BEGIN

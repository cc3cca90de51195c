-- ===== src/Review.antt =====
-- internal/transport/review.go: the limits and the stripping of what a review shows. Texts are
-- measured in Unicode scalars, Go's runes. The hashes are left out, and the two redactions by regular
-- expressions are parameters, as is JSON.
pub mod Shown
use outlook_agent.Prelude.{
  Bool, List, Option, String, [], if◌then◌else◌, leb, length, none, some, suc, take, zero, ℕ, ◌-◌,
  ◌||◌, ◌∷◌,
}
use outlook_agent.Prelude.Text.{contains_one, drop_letter, to_lower, trim_space}
use outlook_agent.Value.{
  Fields, Items, Value, array, bool, cons, end, field, maps, nil, null, number, object, strings,
  text,
}

-- TargetRef
pub record TargetRef : Type 0 where
  pub kind : String
  pub id : String
  pub name : String

-- DefaultReviewTargetLimit
abbrev pub default_review_target_limit : ℕ
default_review_target_limit = 50

-- ClampTargetRefs: the targets shown, and how many are left out
unfoldable pub clamp_target_refs : List TargetRef → ℕ → List TargetRef × ℕ
clamp_target_refs targets max =
    if leb max 0 || leb (length targets) max
    then (targets, 0)
    else (take max targets, length targets - max)

unfoldable pub take_runes : ℕ → String → String
take_runes zero s = ""
take_runes (suc n) String.[] = ""
take_runes (suc n) (String.◌∷◌ c s) = String.◌∷◌ c (take_runes n s)

-- TruncatedPreview
unfoldable pub truncated_preview : String → ℕ → String
unfolding take_runes
truncated_preview s max_runes = take_runes max_runes s

abbrev pub sensitive_review_parts : List String
sensitive_review_parts =
    "password" ∷ "token" ∷ "cookie" ∷ "canary" ∷ "secret" ∷ "body" ∷ "bodypreview" ∷ "content"
    ∷ "contentbytes" ∷ "htmlbody" ∷ "messagebody" ∷ "preview" ∷ "snippet" ∷ "textbody" ∷ "xmltext"
    ∷ []

unfoldable pub is_sensitive_review_key : String → Bool
is_sensitive_review_key key =
    contains_one sensitive_review_parts (to_lower (drop_letter 45 (drop_letter 95 key)))

-- stripSensitiveReviewFields: sensitive fields are left out at any depth
unfoldable mutual
  pub strip_sensitive_review_fields : Value → Value
  strip_sensitive_review_fields (object fs) = object (strip_fields fs)
  strip_sensitive_review_fields (array items) = array (strip_items items)
  strip_sensitive_review_fields (text s) = text s
  strip_sensitive_review_fields null = null
  strip_sensitive_review_fields (bool b) = bool b
  strip_sensitive_review_fields (number n) = number n
  strip_sensitive_review_fields (strings xs) = strings xs
  strip_sensitive_review_fields (maps items) = maps items

  pub strip_fields : Fields → Fields
  strip_fields end = end
  strip_fields (field key child rest) =
      if is_sensitive_review_key key
      then strip_fields rest
      else field key (strip_sensitive_review_fields child) (strip_fields rest)

  pub strip_items : Items → Items
  strip_items nil = nil
  strip_items (cons child rest) = cons (strip_sensitive_review_fields child) (strip_items rest)

pub record PreviewHost : Type 0 where
  -- json.Unmarshal
  pub decode : String → Option Value
  -- json.Marshal
  pub encode : Value → Option String
  -- redactSensitiveAssignments, redactSensitiveXMLTags
  pub redact_assignments : String → String
  pub redact_tags : String → String

module _ (h : PreviewHost) where
  abbrev encoded_or : String → Option String → String
  encoded_or preview none = preview
  encoded_or preview (some s) = s

  abbrev pub redacted : String → Option Value → String
  redacted preview none = h.redact_tags (h.redact_assignments preview)
  redacted preview (some v) = encoded_or preview (h.encode (strip_sensitive_review_fields v))

  -- RedactedPreview
  unfoldable pub redacted_preview : String → ℕ → String
  redacted_preview s max_runes =
      let preview = trim_space s in
      if leb max_runes 0
      then ""
      else truncated_preview (redacted preview (h.decode preview)) max_runes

END

- Requirement:
Say how many lines in the records hold "left", with the number as the whole reply.

- Task response:
3